*WHAT TO PRODUCE:*
Look through the data below for the line with "unfolding prepare_volumes" and the line with "Safe-try s l₁", then output those two and all lines in between, exactly as written.

*Saved entries:*
-- ===== src/Syncing/Claims.antt =====
-- The claims: from the first read to the two deletions.
use mathlib.Core.List.{Memᴰ}
use migcontroller.Prelude.Int32.{Int32}
use migcontroller.Prelude.{String, ◌≡◌, refl, inl, inr, true, some, ◌∷◌, if◌then◌else◌, false}
use migcontroller.Objects.{
  ok, err, Pvc, Pv, ReclaimPolicy, retain, reclaim_delete, recycle, is_not_found, BindingMode,
  immediate, wait_for_first_consumer,
}
use migcontroller.VolumeResize.{VolumeResize, VolumeResizeTarget}
use migcontroller.Call.{storage_class_get, Lib, pvc_get, pv_get}
use migcontroller.Prog.{Log, ret, ask, ◌>>=◌}
use migcontroller.Prog.Safe.{
  Spec, Safe, Extends, Has-Extends, Extends-trans, Safe-bind, Safe-if, Safe-try, OnOk,
}
use migcontroller.Pvc.{get_pvc, create_temp_pvc, set_retain_on_pv, update_to_retain, is_retain}
use migcontroller.Controller.Syncing.{prepare_volumes, wait_for_binding, is_bound}
use migcontroller.Names.{get_original_pvc_name}
use migcontroller.Prelude.{Option, none, ◌==◌}
use migcontroller.Controller.Results.{Outcome, set_failed, fail}
use migcontroller.Syncing.Guard.{Has, Target, sync_spec, IsRetained, KeepsVolume}

pub IsRetained-Extends :
    (name : String) {l m : Log} → IsRetained name l → Extends l m → IsRetained name m
IsRetained-Extends name (pv, h, inl r) x = (pv, Has-Extends h x, inl r)
IsRetained-Extends name (pv, h, inr (stored, u)) x =
    (pv, Has-Extends h x, inr (stored, Has-Extends u x))

pub KeepsVolume-Extends :
    (namespace name : String) {l m : Log}
    → KeepsVolume namespace name l
    → Extends l m
    → KeepsVolume namespace name m
KeepsVolume-Extends namespace name (p, h, r) x =
    (p, Has-Extends h x, IsRetained-Extends p.volume_name r x)

module _ {X : Type 0} (s : Spec X) where
  pub get_pvc-Safe :
      (l : Log) (namespace name : String)
      → s.guard l (pvc_get namespace name)
      → Safe s l
          (get_pvc namespace name)
          (λ l' r. OnOk r (λ p. Has l' (pvc_get namespace name) (ok p)))
  unfolding get_pvc
  get_pvc-Safe l namespace name g = (g, elim [ ok p ↦ λ _. Memᴰ.head refl | err e ↦ λ _. tt ])

module _ (lib : Lib) (t : Target) where
  -- the early returns and setFailed ask for nothing that is guarded
  pub fail-Safe :
      {A : Type 0} (l : Log) (vr : VolumeResize) (message : String) (post : Log → A → Type 0)
      → Safe (sync_spec lib t) l (fail vr message) post
  unfolding set_failed
  fail-Safe l vr message post = (tt, elim [ ok v ↦ λ _. tt | err e ↦ λ _. tt ])

  retained :
      (l : Log) (name : String) (pv : Pv) (policy : ReclaimPolicy)
      → pv.reclaim_policy ≡ policy
      → Has l (pv_get name) (ok pv)
      → Safe
          (sync_spec lib t)
          l
          (is_retain policy (ret (ok tt)) (update_to_retain name pv))
          (λ l' r. OnOk r (λ _. IsRetained name l'))
  unfolding update_to_retain
  retained l name pv retain e h = (pv, h, inl e)
  retained l name pv reclaim_delete e h = (
    tt,
    elim [ ok stored ↦ λ _. (pv, Memᴰ.tail h, inr (stored, Memᴰ.head refl)) | err _ ↦ λ _. tt ],
  )
  retained l name pv recycle e h = (
    tt,
    elim [ ok stored ↦ λ _. (pv, Memᴰ.tail h, inr (stored, Memᴰ.head refl)) | err _ ↦ λ _. tt ],
  )

  pub set_retain_on_pv-Safe :
      (l : Log) (name : String)
      → Safe (sync_spec lib t) l (set_retain_on_pv name) (λ l' r. OnOk r (λ _. IsRetained name l'))
  unfolding set_retain_on_pv
  set_retain_on_pv-Safe l name = (
    tt,
    elim [
      | ok pv ↦
          λ _. retained ((pv_get name, ok pv) ∷ l) name pv pv.reclaim_policy refl (Memᴰ.head refl)
      | err e ↦ λ _. tt
    ],
  )

  create_temp_pvc-Safe :
      (l : Log) (vr : VolumeResize) (vol : VolumeResizeTarget) (original_pvc : Pvc)
      (replica : Int32)
      → Safe
          (sync_spec lib t)
          l
          (create_temp_pvc vr vol original_pvc replica)
          (λ l' r. OnOk r (λ _. Unit {0}))
  unfolding create_temp_pvc
  create_temp_pvc-Safe l vr vol original_pvc replica = (
    tt,
    elim [
      | ok p ↦ λ _. tt
      | err e ↦ λ _.
          Safe-if (sync_spec lib t) _ (is_not_found e) _ _ _
            (λ _. (tt, elim [ ok p ↦ λ _. tt | err e' ↦ λ _. tt ])) (λ _. tt)
    ],
  )

  wait_for_binding-Safe :
      (l : Log) (temp_pvc : Pvc)
      → Safe (sync_spec lib t) l (wait_for_binding temp_pvc) (λ _ _. Unit {0})
  unfolding wait_for_binding
  wait_for_binding-Safe l temp_pvc = by_class temp_pvc.storage_class_name
    where
      by_mode :
          (m : Log) (mode : Option BindingMode)
          → Safe
              (sync_spec lib t)
              m
              (elim mode [ some wait_for_first_consumer ↦ ret false | _ ↦ ret true ])
              (λ _ _. Unit {0})
      by_mode m none = tt
      by_mode m (some immediate) = tt
      by_mode m (some wait_for_first_consumer) = tt

      by_class :
          (sc : Option String)
          → Safe
              (sync_spec lib t)
              l
              (elim sc [
                | none ↦ ret true
                | some name ↦ if name == "" then ret true else (do
                  found ← ask (storage_class_get name)
                  elim found [
                    | err _ ↦ ret true
                    | ok sc ↦ elim sc.binding_mode [
                      | some wait_for_first_consumer ↦ ret false
                      | _ ↦ ret true
                    ]
                  ])
              ])
              (λ _ _. Unit {0})
      by_class none = tt
      by_class (some name) =
          Safe-if (sync_spec lib t) l (name == "") _ _ _ (λ _. tt)
            (λ _. (tt, elim [ ok sc ↦ λ _. by_mode _ sc.binding_mode | err _ ↦ λ _. tt ]))

  -- behind prepareVolumes the original claim was read, and its volume is retained
  pub prepare_volumes-Safe :
      (l : Log) (vr : VolumeResize) (vol : VolumeResizeTarget) (vol_name : String) (replica : Int32)
      → let name = get_original_pvc_name vol_name vr.spec.stateful_set_name replica in
        Safe
          (sync_spec lib t)
          l
          (prepare_volumes vr vol vol_name replica)
          (λ l' _. KeepsVolume vr.meta.namespace name l')
  unfolding prepare_volumes
  prepare_volumes-Safe l vr vol vol_name replica =
      Safe-try s l (get_pvc vr.meta.namespace name) _ _
        (λ l' p. Has l' (pvc_get vr.meta.namespace name) (ok p)) _
        (get_pvc-Safe s l vr.meta.namespace name tt) (λ l' e _. fail-Safe l' vr _ _)
        (λ l₁ p x₁ read.
          Safe-try s l₁ (create_temp_pvc vr vol p replica) _ _ (λ _ _. Unit {0}) _
            (create_temp_pvc-Safe l₁ vr vol p replica) (λ l' e _. fail-Safe l' vr _ _)
            (λ l₂ temp x₂ _.
              Safe-bind s l₂ (wait_for_binding temp) _ (λ _ _. Unit {0}) _
                (wait_for_binding-Safe l₂ temp)
                (λ l₃ waits x₃ _.
                  Safe-bind s l₃ (if waits then _ else _) _ (λ _ _. Unit {0}) _
                    (Safe-if s l₃ waits _ _ _
                      (λ _. Safe-if s l₃ (is_bound temp.phase) _ _ _ (λ _. tt) (λ _. tt)) (λ _. tt))
                    (λ l₄ _ x₄ _.
                      Safe-try s l₄ (set_retain_on_pv p.volume_name) _ _
                        (λ l' _. IsRetained p.volume_name l') _
                        (set_retain_on_pv-Safe l₄ p.volume_name) (λ l' e _. fail-Safe l' vr _ _)
                        (λ l₅ _ x₅ kept. (
                          p,
                          Has-Extends read
                              (Extends-trans x₂ (Extends-trans x₃ (Extends-trans x₄ x₅))),
                          kept,
                        ))))))
    where
      s : Spec Outcome
      s = sync_spec lib t

      name : String
      name = get_original_pvc_name vol_name vr.spec.stateful_set_name replica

*EXERCISE RESPONSE:*
  unfolding prepare_volumes
  prepare_volumes-Safe l vr vol vol_name replica =
      Safe-try s l (get_pvc vr.meta.namespace name) _ _
        (λ l' p. Has l' (pvc_get vr.meta.namespace name) (ok p)) _
        (get_pvc-Safe s l vr.meta.namespace name tt) (λ l' e _. fail-Safe l' vr _ _)
        (λ l₁ p x₁ read.
          Safe-try s l₁ (create_temp_pvc vr vol p replica) _ _ (λ _ _. Unit {0}) _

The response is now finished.